Affiliate Services Agreements

We have entered into services agreements with each of RSI and Roivant Sciences GmbH, or RSG, wholly owned subsidiaries of our controlling shareholder RSL, each as further described below. Pursuant to these services agreements, during the years ended March 31, 2020 and 2019, we incurred expenses of $0.2 million and $3.4 million, respectively, inclusive of the mark-up under these agreements.

Roivant Sciences, Inc. Services Agreement

Effective as of July 9, 2018, we and our wholly owned subsidiaries, USI and Urovant Sciences GmbH, or USG, entered into an amended and restated services agreement with RSI, a wholly owned subsidiary of RSL, or the RSI Services Agreement, pursuant to which RSI provided us with services in relation to the identification of potential product candidates, project management of clinical trials and other development, administrative and financial activities. Our reliance on RSI for services pursuant to this agreement was immaterial during the years ended March 31, 2020 and 2019, and we have no current plans to utilize the services of RSI pursuant to this agreement in the future.

Under the terms of the RSI Services Agreement, we are obligated to pay or reimburse RSI for the costs it, or third parties acting on its behalf, incur(s) in providing services to us.
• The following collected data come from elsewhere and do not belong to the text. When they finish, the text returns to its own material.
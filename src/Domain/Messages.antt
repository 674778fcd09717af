-- ===== src/Domain/Messages.antt =====
-- src/piki/domain/contracts.py: channels and inbound messages.
use buenpick_piki.Base.{
  ℕ, String, Bool, not, ◌&&◌, Option, List, ◌==◌, truthy, fits, fits?, if◌then◌else◌, none, some,
}
use buenpick_piki.Base.Failure.{Result, ok, err, value_error}
use buenpick_piki.Base.Text.{strip}

pub data Channel : Type 0 where
  whatsapp web : Channel

abbrev pub channel_code : Channel → ℕ
channel_code whatsapp = 0
channel_code web = 1

-- `channel.value == other.value`
abbrev pub same_channel : Channel → Channel → Bool
same_channel a b = channel_code a == channel_code b

pub data MessageKind : Type 0 where
  text image interactive unsupported : MessageKind

abbrev pub is_text : MessageKind → Bool
is_text text = Bool.true
is_text _ = Bool.false

-- A `datetime`: microseconds since the epoch, and whether it carries a time zone.
pub record Datetime : Type 0 where
  pub micros : ℕ
  pub has_timezone : Bool

abbrev pub utc : ℕ → Datetime
utc t = record { micros = t; has_timezone = Bool.true }

pub record InboundMessage : Type 0 where
  pub message_id : String
  pub channel : Channel
  pub conversation_id : String
  pub sender_id : String
  pub kind : MessageKind
  pub text : Option String
  pub received_at : Datetime
  pub metadata : List (String × String)

-- `text.strip()` is truthy
abbrev pub has_words : Option String → Bool
has_words none = Bool.false
has_words (some s) = truthy s && truthy (strip s)

inbound_fields : InboundMessage → Bool
inbound_fields m =
    fits 1 255 m.message_id
    && fits 1 255 m.conversation_id
    && fits 1 255 m.sender_id
    && fits? 0 4096 m.text

unfoldable pub validate_text_message : InboundMessage → Result InboundMessage
unfolding inbound_fields
validate_text_message m =
    if not (inbound_fields m)
    then err (value_error "field bounds")
    else if not m.received_at.has_timezone
    then err (value_error "received_at must include a timezone")
    else if is_text m.kind && not (has_words m.text)
    then err (value_error "text messages require non-empty text")
    else ok m
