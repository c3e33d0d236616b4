-- ===== src/Vstore/Router/Dispatch.antt =====
-- The arguments that a route is called with, and the room that there is for them.
use corto.Base.{
  ℕ, suc, ◌+◌, ◌≤◌, ◌<◌, ◌≡◌, refl, sym, ap, ◌∙◌, ◌⊎◌, inl, inr, Bool, true, false, not, Option,
  none, some, List, [], ◌∷◌, leb, Text, length, arith, Bool-cases, Option-cases, All, Any, subst,
  ◌&&◌,
}
use corto.Vstore.Router.{
  Route, Method, route, other, RouterType, count_args, max_args, match_route, find_loop, find_route,
  Argument, instance_object, Reply, invalid, unknown, no_result, overflow, called, invoke_route,
  call_route, answer, parse_request, match_parsed, router_match,
}
use corto.Vstore.Router.Matching.{Fits, match_route_iff}
use corto.Vstore.Router.Parameters.{IsConstructed, GetsAll, GetsAll-length, tail_args, tail-GetsAll}

-- The number of the parameters is not cut off.
abbrev IsShort : Method → Type 0
IsShort other = Unit
IsShort (route r) = length r.parameters < 65536

counted-le : (m : Method) (n : ℕ) → IsShort m → n ≤ count_args m n
unfolding count_args
counted-le other n h = omega arith
counted-le (route r) n h = ground arith

max_args-le : (ms : List Method) (n : ℕ) → All IsShort ms → n ≤ max_args ms n
unfolding max_args
max_args-le [] n h = omega arith
max_args-le (m ∷ ms) n h = omega (arith, counted-le m n h.0, max_args-le ms (count_args m n) h.1)

counted :
    (r : Route) (n : ℕ) → length r.parameters < 65536 → length r.parameters ≤ count_args (route r) n
unfolding count_args
counted r n h = ground arith

-- Every route in the scope of a router fits into its array.
max_args-fits :
    (scope : List Method) (n : ℕ) (r : Route)
    → All IsShort scope
    → Any (λ m. m ≡ route r) scope
    → length r.parameters ≤ max_args scope n
unfolding max_args
max_args-fits [] n r s h = absurd h
max_args-fits (m ∷ ms) n r s (inl e) =
    let short : length r.parameters < 65536 = subst IsShort e s.0 in
    omega (
      arith,
      subst (λ k. length r.parameters ≤ count_args k n) (sym e) (counted r n short),
      max_args-le ms (count_args m n) s.1,
    )
max_args-fits (m ∷ ms) n r s (inr h) = max_args-fits ms (count_args m n) r s.1 h

module _ (base : RouterType) (max : ℕ) where
  -- The method is no route, or a route that was constructed and has room.
  abbrev HasRoom : Method → Type 0
  HasRoom other = Unit
  HasRoom (route r) = IsConstructed base r × (length r.parameters ≤ max)

  -- The request is refused, or a route is called with the instance and what its parameters ask for;
  -- the array of the arguments does not overflow.
  abbrev pub IsSafe : List Text → Reply → Type 0
  IsSafe pattern invalid = Unit
  IsSafe pattern unknown = Unit
  IsSafe pattern no_result = Unit
  IsSafe pattern overflow = ⊥
  IsSafe pattern (called r cs) =
      (ts : List Argument) × (cs ≡ instance_object ∷ ts)
      × GetsAll r.elements pattern r.parameters ts
      × (base.separator ≡ true → Fits r.elements pattern)

  found_one :
      (separator : Bool) (pattern : List Text) (ms : List Method) (found : Option Route) (r : Route)
      → All HasRoom ms
      → find_loop separator pattern none ms found ≡ some r
      → (found ≡ some r) ⊎ (HasRoom (route r) × ((n : ℕ) × (match_route r pattern ≡ some n)))
  unfolding find_loop
  found_one separator pattern [] found r h e = inl e
  found_one separator pattern (other ∷ ms) found r h e =
      found_one separator pattern ms found r h.1 e
  found_one separator pattern (route q ∷ ms) found r h e =
      elim (Option-cases (match_route q pattern)) [
        | inl k ↦ found_one separator pattern ms found r h.1 (ground arith)
        | inr (n, k) ↦ elim (Bool-cases separator) [
          | inr s ↦
              let same : q ≡ r = ground arith in
              inr (
                subst (λ r. HasRoom (route r) × ((n : ℕ) × (match_route r pattern ≡ some n))) same
                  (h.0, (n, k)))
          | inl s ↦ elim (found_one separator pattern ms (some q) r h.1 (ground arith)) [
            | inr x ↦ inr x
            | inl x ↦
                let same : q ≡ r = cc in
                inr (
                  subst (λ r. HasRoom (route r) × ((n : ℕ) × (match_route r pattern ≡ some n))) same
                    (h.0, (n, k)))
          ]
        ]
      ]

  invoke-IsSafe :
      (r : Route) (pattern : List Text) (ts : List Argument)
      → length r.parameters ≤ max
      → GetsAll r.elements pattern r.parameters ts
      → (base.separator ≡ true → Fits r.elements pattern)
      → IsSafe pattern (invoke_route max r (instance_object ∷ ts))
  unfolding invoke_route
  invoke-IsSafe r pattern ts l g f =
      let room : leb (length (instance_object ∷ ts)) (1 + max) ≡ true =
        fits_test (length ts)
          (omega (arith, GetsAll-length r.elements pattern r.parameters ts g)) in
      rw room (ts, refl, g, f)
    where
      fits_test : (n : ℕ) → n ≤ max → leb (suc n) (1 + max) ≡ true
      fits_test n h = ground arith

  call-IsSafe :
      (given : Bool) (r : Route) (pattern : List Text) (n : ℕ)
      → HasRoom (route r)
      → match_route r pattern ≡ some n
      → IsSafe pattern (call_route base max given r pattern)
  unfolding call_route
  call-IsSafe given r pattern n (made, room) e = elim (Bool-cases (r.returns && not given)) [
    | inl b ↦ rw b tt
    | inr b ↦
        let fits = (match_route_iff r pattern n).0 e in
        let ts = tail_args base r.elements pattern in
        let gets : GetsAll r.elements pattern r.parameters ts =
          subst (λ qs. GetsAll r.elements pattern qs ts) (sym made.0)
            (tail-GetsAll base r.elements pattern (λ _. fits.0) made.1) in
        rw b (invoke-IsSafe r pattern ts room gets (λ _. fits.0))
  ]

  answer-IsSafe :
      (given : Bool) (methods : List Method) (pattern : List Text) (found : Option Route)
      → All HasRoom methods
      → find_loop base.separator pattern none methods none ≡ found
      → IsSafe pattern (answer base max given pattern found)
  unfolding answer
  answer-IsSafe given methods pattern none h e = tt
  answer-IsSafe given methods pattern (some r) h e =
      elim (found_one base.separator pattern methods none r h e) [
        | inl x ↦ absurd (cc)
        | inr (room, (n, k)) ↦ call-IsSafe given r pattern n room k
      ]

-- A method of the instance's class is no route, or a constructed one that stands in the router's scope.
abbrev IsOwn : RouterType → List Method → Method → Type 0
IsOwn base scope other = Unit
IsOwn base scope (route r) = IsConstructed base r × Any (λ m. m ≡ route r) scope

own-HasRoom :
    (base : RouterType) (scope methods : List Method)
    → All IsShort scope
    → All (IsOwn base scope) methods
    → All (HasRoom base (max_args scope 0)) methods
own-HasRoom base scope [] s h = tt
own-HasRoom base scope (other ∷ ms) s h = (tt, own-HasRoom base scope ms s h.1)
own-HasRoom base scope (route r ∷ ms) s h =
    ((h.0.0, max_args-fits scope 0 r s h.0.1), own-HasRoom base scope ms s h.1)

-- Where the routes of an instance's class stand in the scope of its router, a request never overflows
-- the array of arguments: it is refused, or a route that matches it is called, with the instance and
-- with what each of the route's parameters asks for: the data of the application or the router, or the
-- element of the request where the route has the variable of that name. Routes and router are as they
-- were constructed, the routes of the scope have less than 65536 parameters each, and the request can be
-- split into elements.
pub router_match-IsSafe :
    (split : Text → Option (List Text)) (base : RouterType) (scope methods : List Method)
    (given : Bool) (request : Text) (pattern : List Text)
    → All IsShort scope
    → All (IsOwn base scope) methods
    → parse_request split base request ≡ some pattern
    → IsSafe base
        (max_args scope 0)
        pattern
        (router_match split base (max_args scope 0) methods given request)
unfolding router_match
router_match-IsSafe split base scope methods given request pattern s h e =
    subst
      (λ o.
        IsSafe base (max_args scope 0) pattern
          (match_parsed base (max_args scope 0) methods given o))
      (sym e)
      (answer-IsSafe base (max_args scope 0) given methods pattern
        (find_loop base.separator pattern none methods none) (own-HasRoom base scope methods s h)
        refl)

invoke_full :
    (max : ℕ) (r : Route) (cs : List Argument)
    → suc max < length cs
    → invoke_route max r cs ≡ overflow
unfolding invoke_route
invoke_full max r cs l = ground arith

-- A route that a request finds and that has more parameters than the router has counted in its own
-- scope, as a route that the class inherits may have, is called with more arguments than there is room
-- for. The route is as it was constructed, and needs no result or is given a place for it.
router_match-overflow :
    (split : Text → Option (List Text)) (base : RouterType) (max : ℕ) (methods : List Method)
    (given : Bool) (request : Text) (pattern : List Text) (r : Route) (n : ℕ)
    → parse_request split base request ≡ some pattern
    → find_route base.separator methods pattern ≡ some r
    → match_route r pattern ≡ some n
    → IsConstructed base r
    → (r.returns && not given) ≡ false
    → max < length r.parameters
    → router_match split base max methods given request ≡ overflow
unfolding router_match
router_match-overflow split base max methods given request pattern r n e f m made g l =
    let ts = tail_args base r.elements pattern in
    let gets : GetsAll r.elements pattern r.parameters ts =
      subst (λ qs. GetsAll r.elements pattern qs ts) (sym made.0)
        (tail-GetsAll base r.elements pattern (λ _. ((match_route_iff r pattern n).0 m).0)
          made.1) in
    ap (match_parsed base max methods given) e
    ∙ ap (answer base max given pattern) f
    ∙ rw g (
        invoke_full max r (instance_object ∷ ts)
          (omega (arith, GetsAll-length r.elements pattern r.parameters ts gets)))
In addition, we are obligated to pay to RSI a pre-determined mark-up on costs incurred by it in connection with any general and administrative and support services as well as research and development services.
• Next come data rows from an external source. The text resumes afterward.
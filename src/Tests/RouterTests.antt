-- ===== src/Tests/RouterTests.antt =====
-- Routers on concrete requests: src/vstore/routerimpl.c, router.c.
use corto.Base.{◌≡◌, refl, ◌↔◌, inl, true, false, Option, some, List, [], ◌∷◌, Text, arith}
use corto.Vstore.Router.{
  element, Route, route, other, RouterType, max_args, match_route, find_route, parse_request,
  route_params, router_match,
}
use corto.Vstore.Router.Matching.{Fits, literals, match_route_iff}
use corto.Vstore.Router.Dispatch.{IsSafe, router_match-IsSafe}

-- The routes /a and /$b, and the request /a.
abbrev literal_route : Route
literal_route = record {
  address = 1;
  elements = (b'a' ∷ []) ∷ [];
  parameters = [];
  returns = false;
}

abbrev variable_route : Route
variable_route = record {
  address = 2;
  elements = (b'$' ∷ b'b' ∷ []) ∷ [];
  parameters = element (b'b' ∷ []) ∷ [];
  returns = false;
}

abbrev a_request : List Text
a_request = (b'a' ∷ []) ∷ []

abbrev base : RouterType
base = record { separator = true; param_type = false; router_data_type = false }

-- A path of one element.
abbrev whole : Text → Option (List Text)
whole t = some (t ∷ [])

match_route_iff_example :
    (match_route literal_route a_request ≡ some 1)
    ↔ (Fits literal_route.elements a_request × (1 ≡ literals literal_route.elements))
match_route_iff_example = match_route_iff literal_route a_request 1

-- The literal route matches more of the request, but the other one is taken.
variable_wins :
    find_route true (route literal_route ∷ route variable_route ∷ []) a_request
    ≡ some variable_route
unfolding find_route
variable_wins = refl

router_match-IsSafe_example : IsSafe base (max_args (route variable_route ∷ []) 0) a_request (
    router_match whole base
      (max_args (route variable_route ∷ []) 0)
      (other ∷ route variable_route ∷ [])
      false
      (b'/' ∷ b'a' ∷ []))
unfolding parse_request route_params
router_match-IsSafe_example =
    router_match-IsSafe whole base (route variable_route ∷ []) (other ∷ route variable_route ∷ [])
      false (b'/' ∷ b'a' ∷ []) a_request (omega arith, tt)
      (tt, (((refl, absurd_separator), inl refl), tt)) refl
  where
    absurd_separator : true ≡ false → variable_route.elements ≡ []
    absurd_separator e = absurd (cc)
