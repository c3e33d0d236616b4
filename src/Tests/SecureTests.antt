-- ===== src/Tests/SecureTests.antt =====
-- Locks on the object /a/b: src/secure/key.c.
use corto.Base.{ℕ, zero, suc, ◌≡◌, refl, ◌↔◌, true, false, none, some, List, [], ◌∷◌, Text}
use corto.Base.Int.{ℤ, pos, negsuc}
use corto.Secure.Key.{Keys, secured, enable_security, create_key}
use corto.Secure.Authorize.{
  Access, granted, denied, undefined, Action, Lock, PerParent, Environment, authorize_id, eval_lock,
  walk_locks, walk_parents, walk_depths, is_skipped,
}
use corto.Secure.Decision.Votes.{IsRefused, votes}
use corto.Secure.Decision.Outcome.{authorize_id_iff}

abbrev lock : ℕ → ℤ → Lock
lock object priority = record { object = object; select = none; priority = priority }

-- Lock 0 grants, lock 1 denies, the others have no opinion.
abbrev opinion : Lock → Text → Action → Access
opinion l token action = elim (l.object) [
  | zero ↦ granted
  | suc n ↦ elim n [ zero ↦ denied | suc _ ↦ undefined ]
]

abbrev at_depth : ℕ → List Lock → List PerParent
at_depth d ls = record { parent = b'/' ∷ []; entities = ls } ∷ []

abbrev environment : List Lock → List Lock → Environment
environment deep top = record {
  match_parent = λ parent id. some [];
  id_match = λ pattern id. true;
  lock_authorize = opinion;
  claim_depth = λ id. 1;
  entities = λ d. elim d [ zero ↦ at_depth 0 top | suc _ ↦ at_depth 1 deep ];
}

abbrev object_id : Text
object_id = b'/' ∷ b'a' ∷ []

abbrev session : Text
session = b'u' ∷ []

-- A deep lock that grants outranks one at the top that denies, at the same priority.
deep_grant :
    authorize_id
      (environment (lock 0 (pos 2) ∷ []) (lock 1 (pos 2) ∷ []))
      true
      (some session)
      object_id
      1
    ≡ true
unfolding authorize_id walk_depths walk_parents walk_locks eval_lock is_skipped
deep_grant = refl

-- A higher priority outranks the depth; a negative priority never counts.
high_deny :
    authorize_id
      (environment (lock 0 (pos 2) ∷ lock 1 (negsuc 0) ∷ []) (lock 1 (pos 3) ∷ []))
      true
      (some session)
      object_id
      1
    ≡ false
unfolding authorize_id walk_depths walk_parents walk_locks eval_lock is_skipped
high_deny = refl

authorize_id_iff_example :
    (authorize_id
        (environment (lock 0 (pos 2) ∷ []) (lock 1 (pos 3) ∷ []))
        true
        (some session)
        object_id
        1
      ≡ false)
    ↔ IsRefused
        (votes (environment (lock 0 (pos 2) ∷ []) (lock 1 (pos 3) ∷ [])) session 1 object_id)
authorize_id_iff_example =
    authorize_id_iff (environment (lock 0 (pos 2) ∷ []) (lock 1 (pos 3) ∷ [])) session object_id 1
      refl

-- Two keys are created, the second one while the first is active.
abbrev no_keys : Keys
no_keys = record { instance_key = none; enabled = λ k. false; valid = [] }

abbrev one_key : Keys
one_key = create_key true 6 (create_key true 5 no_keys)

-- Security is on once it is switched on with an active key.
switched_on : secured (enable_security true one_key).0 ≡ true
unfolding secured enable_security create_key
switched_on = refl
Administrative and support services include, but are not limited to, payroll, general administrative, corporate and public relations, investor relations, financial marketing, activities in connection with raising capital, accounting and auditing, tax, health, safety, environmental and regulatory affairs, staffing and recruiting, benefits, information and technology services, purchasing and legal services. Research and development services include, but are not limited to, drug discovery and development from target identification through regulatory approval.
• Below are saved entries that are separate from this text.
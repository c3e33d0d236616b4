-- ===== src/Vstore/Subscriptions.antt =====
-- The subscriptions of a mount (src/vstore/mount.c: `corto_mount_subscribeOrMount`,
-- `corto_mount_unsubscribeOrUnmount`). An element of the list is known by its place; what the callbacks
-- return is a parameter, and while they run the list stays as it is.
pub mod Finding
pub mod Counting
pub mod Sharing
use corto.Base.{
  ℕ, zero, suc, ◌+◌, ◌-◌, ◌%◌, ◌^◌, Bool, true, false, not, ◌&&◌, ◌||◌, Option, none, some, List,
  [], ◌∷◌, ◌++◌, ◌==◌, if◌then◌else◌, Text, str_eq, get_elem?, length,
}

-- corto_query, as far as the mount reads it.
pub record Query : Type 0 where
  pub select : Text
  pub from : Text

-- corto_mountSubscription
pub record Subscription : Type 0 where
  pub query : Query
  pub mount_count : ℕ
  pub subscriber_count : ℕ
  pub mount_ctx : ℕ
  pub subscriber_ctx : ℕ

-- The callbacks that were called, each with its query and context.
pub data Callback : Type 0 where
  on_subscribe on_mount on_unsubscribe on_unmount : Query → ℕ → Callback

-- The list, and the calls, in their order.
pub record Mount : Type 0 where
  pub subscriptions : List Subscription
  pub calls : List Callback

-- corto_mountMask: the flags SUBSCRIBE and MOUNT.
pub record MountMask : Type 0 where
  pub subscribe : Bool
  pub mount : Bool

-- uint32_t
abbrev pub up : ℕ → ℕ
up n = (n + 1) % 2 ^ 32

abbrev pub down : ℕ → ℕ
down n = (n + 2 ^ 32 - 1) % 2 ^ 32

unfoldable pub change : (Subscription → Subscription) → ℕ → List Subscription → List Subscription
change f i [] = []
change f zero (s ∷ ss) = f s ∷ ss
change f (suc i) (s ∷ ss) = s ∷ change f i ss

-- corto_ll_remove
unfoldable pub remove : ℕ → List Subscription → List Subscription
remove i [] = []
remove zero (s ∷ ss) = ss
remove (suc i) (s ∷ ss) = s ∷ remove i ss

unfoldable pub add_counts : (ℕ → ℕ) → Bool → Bool → Subscription → Subscription
add_counts f subscribe mount s = record s {
  subscriber_count = if subscribe then f s.subscriber_count else s.subscriber_count;
  mount_count = if mount then f s.mount_count else s.mount_count;
}

unfoldable pub set_contexts : Bool → Bool → ℕ → ℕ → Subscription → Subscription
set_contexts subscribe mount sub_ctx mnt_ctx s = record s {
  subscriber_ctx = if subscribe then sub_ctx else s.subscriber_ctx;
  mount_ctx = if mount then mnt_ctx else s.mount_ctx;
}

-- A new element: the counts that apply are 1, and the contexts 0.
unfoldable pub fresh : Query → Bool → Bool → Subscription
fresh query subscribe mount = record {
  query = query;
  mount_count = if mount then 1 else 0;
  subscriber_count = if subscribe then 1 else 0;
  mount_ctx = 0;
  subscriber_ctx = 0;
}

abbrev pub is_set : ℕ → Bool
is_set n = not (n == 0)

-- The part of a path before its last '/', and the part behind it, if there is one.
unfoldable pub split_last : Text → Option (Text × Text)
split_last [] = none
split_last (c ∷ cs) = elim (split_last cs) [
  | some (before, behind) ↦ some (c ∷ before, behind)
  | none ↦ if c == b'/' then some ([], cs) else none
]

abbrev dot : Text
dot = b'.' ∷ []

-- corto_mount_getQueryForMount
unfoldable pub query_for_mount : Query → Bool → Option Query
unfolding split_last
query_for_mount q false = some q
query_for_mount q true = if str_eq q.from dot then none else elim (split_last q.from) [
  | some (parent, id) ↦ some (record { select = id; from = parent })
  | none ↦ some (record { select = q.from; from = dot })
]

abbrev context_of : (Subscription → ℕ) → List Subscription → Option ℕ → ℕ
context_of f ss none = 0
context_of f ss (some i) = elim (get_elem? ss i) [ none ↦ 0 | some s ↦ f s ]

-- `same` is !stricmp.
module _ (same : Text → Text → Bool) where
  -- The loop of `corto_mount_findSubscription`, from place `i`: `result` and `found`.
  unfoldable pub search_loop : Query → ℕ → List Subscription → Option ℕ → Option ℕ × Bool
  search_loop q i [] result = (result, false)
  search_loop q i (s ∷ ss) result =
      let rest = search_loop q (suc i) ss (if same s.query.from q.from then some i else result) in
      if same s.query.from q.from && same s.query.select q.select then (some i, true) else rest

  -- corto_mount_findSubscription
  unfoldable pub find_subscription : Query → List Subscription → Option ℕ × Bool
  unfolding search_loop
  find_subscription q ss = search_loop q 0 ss none

-- The first part, under the lock: the count of what was found goes up, or a placeholder is added.
unfoldable pub count_or_add : Query → Bool → Bool → Option ℕ → List Subscription → List Subscription
unfolding change add_counts fresh
count_or_add q subscribe mount (some i) ss = change (add_counts up subscribe mount) i ss
count_or_add q subscribe mount none ss = ss ++ fresh q subscribe mount ∷ []

abbrev star : Text
star = b'*' ∷ []

abbrev pub set_select : Subscription → Subscription
set_select s = record s { query = record { select = star; from = s.query.from } }

abbrev is_new : ℕ → Option ℕ → ℕ → Bool
is_new ctx subscription old =
    is_set ctx && (elim subscription [ none ↦ true | some i ↦ not (old == ctx) ])

-- The callbacks that return a context.
module _ (same : Text → Text → Bool) (subscribed mounted : Query → ℕ → ℕ) where
  -- The callback on_mount, where there is a query for it: its result, and the call.
  unfoldable pub call_mount : Query → Bool → ℕ → ℕ × List Callback
  unfolding query_for_mount
  call_mount q subscribe ctx = elim (query_for_mount q subscribe) [
    | none ↦ (0, [])
    | some p ↦ (mounted p ctx, on_mount p ctx ∷ [])
  ]

  unfoldable pub call_subscribe : Query → ℕ → ℕ × List Callback
  call_subscribe q ctx = (subscribed q ctx, on_subscribe q ctx ∷ [])

  -- The new or changed element, once a context is there that differs: the list is searched again.
  unfoldable pub settle :
      Query → Bool → Bool → ℕ → ℕ → Option ℕ → List Subscription → List Subscription
  unfolding change add_counts set_contexts fresh find_subscription
  settle q subscribe mount sub_ctx mnt_ctx subscription ss =
      let undone : List Subscription = elim subscription [
        | none ↦ ss
        | some i ↦ change (add_counts down (is_set sub_ctx) (is_set mnt_ctx)) i ss
      ] in
      let (again, found) = find_subscription same q undone in
      let added =
        undone ++ set_contexts subscribe mount sub_ctx mnt_ctx (fresh q subscribe mount) ∷ [] in
      elim again [
        | none ↦ added
        | some i ↦
            if not found
            then added
            else if is_set (context_of (λ s. s.subscriber_ctx) undone (some i))
            then change
                (λ s.
                  set_contexts subscribe mount sub_ctx mnt_ctx
                    (add_counts up (is_set sub_ctx) (is_set mnt_ctx) s))
                i undone
            else change (set_contexts subscribe mount sub_ctx mnt_ctx) i undone
      ]

  -- The last part: a new subscription, a shared one, or none.
  unfoldable pub finish_subscribe :
      Query → Bool → Bool → ℕ → ℕ → Option ℕ → Bool → List Subscription → List Subscription
  unfolding settle remove change add_counts
  finish_subscribe q subscribe mount sub_ctx mnt_ctx subscription found ss =
      if is_new sub_ctx subscription (context_of (λ s. s.subscriber_ctx) ss subscription)
        || is_new mnt_ctx subscription (context_of (λ s. s.mount_ctx) ss subscription)
      then settle q subscribe mount sub_ctx mnt_ctx subscription ss
      else elim subscription [
        | none ↦ remove (length ss - 1) ss
        | some i ↦
            if (is_set sub_ctx || is_set mnt_ctx) && not found
            then change (λ s. add_counts down (is_set sub_ctx) (is_set mnt_ctx) (set_select s)) i ss
            else ss
      ]

  -- Behind the search, with the flags as the mask has left them.
  unfoldable pub subscribe_found : Query → Bool → Bool → Option ℕ × Bool → Mount → Mount
  unfolding count_or_add call_subscribe call_mount finish_subscribe
  subscribe_found q subscribe mount (subscription, found) m =
      let counted = count_or_add q subscribe mount subscription m.subscriptions in
      let old_sub = context_of (λ s. s.subscriber_ctx) m.subscriptions subscription in
      let old_mnt = context_of (λ s. s.mount_ctx) m.subscriptions subscription in
      let wanted = not found && elim subscription [
        | none ↦ true
        | some i ↦ (subscribe && is_set old_sub) || (mount && is_set old_mnt)
      ] in
      let (sub_ctx, sub_calls) =
        if wanted && subscribe then call_subscribe q old_sub else (0, []) in
      let (mnt_ctx, mnt_calls) =
        if wanted && mount then call_mount q subscribe old_mnt else (0, []) in
      record {
        subscriptions =
            finish_subscribe q subscribe mount sub_ctx mnt_ctx subscription found counted;
        calls = m.calls ++ (sub_calls ++ mnt_calls);
      }

  -- corto_mount_subscribeOrMount
  unfoldable pub subscribe_or_mount : MountMask → Query → Bool → Bool → Mount → Mount
  unfolding find_subscription subscribe_found
  subscribe_or_mount mask q subscribe mount m =
      let s = subscribe && mask.subscribe in
      let t = mount && mask.mount in
      if not s && not t
      then m
      else subscribe_found q s t (find_subscription same q m.subscriptions) m

  -- corto_mount_subscribe
  unfoldable pub subscribe_mount : MountMask → Query → Mount → Mount
  unfolding subscribe_or_mount
  subscribe_mount mask q m = subscribe_or_mount mask q true true m

abbrev pub call_unmount : Query → Bool → ℕ → List Callback
call_unmount q subscribe ctx = elim (query_for_mount q subscribe) [
  | none ↦ []
  | some p ↦ on_unmount p ctx ∷ []
]

-- The calls of an unsubscription, once the counts have gone down.
unfoldable pub unsubscribe_calls : Query → Bool → Bool → Subscription → List Callback
unfolding query_for_mount
unsubscribe_calls q subscribe mount s =
    (if subscribe && s.subscriber_count == 0
      then on_unsubscribe s.query s.subscriber_ctx ∷ []
      else [])
    ++ (if mount && s.mount_count == 0 then call_unmount q subscribe s.mount_ctx else [])

-- Behind the search, where there is a subscription at place `i`.
unfoldable pub unsubscribe_found : Query → Bool → Bool → ℕ → Subscription → Mount → Mount
unfolding change remove add_counts unsubscribe_calls
unsubscribe_found q subscribe mount i old m =
    let s = add_counts down subscribe mount old in
    record {
      subscriptions =
          if s.subscriber_count == 0 && s.mount_count == 0
          then remove i m.subscriptions
          else change (add_counts down subscribe mount) i m.subscriptions;
      calls = m.calls ++ unsubscribe_calls q subscribe mount s;
    }

-- Unsubscription, whose callbacks return nothing.
module _ (same : Text → Text → Bool) where
  -- corto_mount_unsubscribeOrUnmount
  unfoldable pub unsubscribe_or_unmount : MountMask → Query → Bool → Bool → Mount → Mount
  unfolding find_subscription unsubscribe_found
  unsubscribe_or_unmount mask q subscribe mount m =
      let s = subscribe && mask.subscribe in
      let t = mount && mask.mount in
      if not s && not t then m else elim (find_subscription same q m.subscriptions).0 [
        | none ↦ m
        | some i ↦ elim (get_elem? m.subscriptions i) [
          | none ↦ m
          | some old ↦ unsubscribe_found q s t i old m
        ]
      ]

  -- corto_mount_unsubscribe
  unfoldable pub unsubscribe_mount : MountMask → Query → Mount → Mount
  unfolding unsubscribe_or_unmount
  unsubscribe_mount mask q m = unsubscribe_or_unmount mask q true true m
Under the RSI Services Agreement, RSI has agreed to indemnify us, USI and USG, and each our respective officers, employees and directors against all losses arising out of, due to or in connection with the provision of services (or the failure to provide services) under the RSI Services Agreement, subject to certain limitations set forth in the RSI Services Agreement. In addition, we, USI and USG have agreed to indemnify RSI and its affiliates and their respective officers, employees and directors against all losses arising out of, due to or in connection with the receipt of services under the RSI Services Agreement, subject to certain limitations set forth in the RSI Services Agreement. Such indemnification obligations will not exceed the payments made by us, by USI and by USG under the RSI Services Agreement for the specific service that allegedly caused or was related to the losses during the period in which such alleged losses were incurred. The term of the RSI Services Agreement will continue until terminated upon 90 days’ written notice by RSI or by either USI or USG with respect to the services either such party receives thereunder.

Roivant Sciences GmbH Services Agreement

Effective as of July 9, 2018, USG entered into an amended and restated services agreement with RSG, a wholly owned subsidiary of RSL, or the RSG Services Agreement, pursuant to which RSG provided USG various services, including, but not limited to, the identification of potential additional product candidates, project management of clinical trials and other development, administrative and financial activities. USG’s reliance on RSG for services pursuant to this agreement was immaterial during the years ended March 31, 2020 and 2019, and USG has no current plans to utilize the services of USG pursuant to this agreement in the future.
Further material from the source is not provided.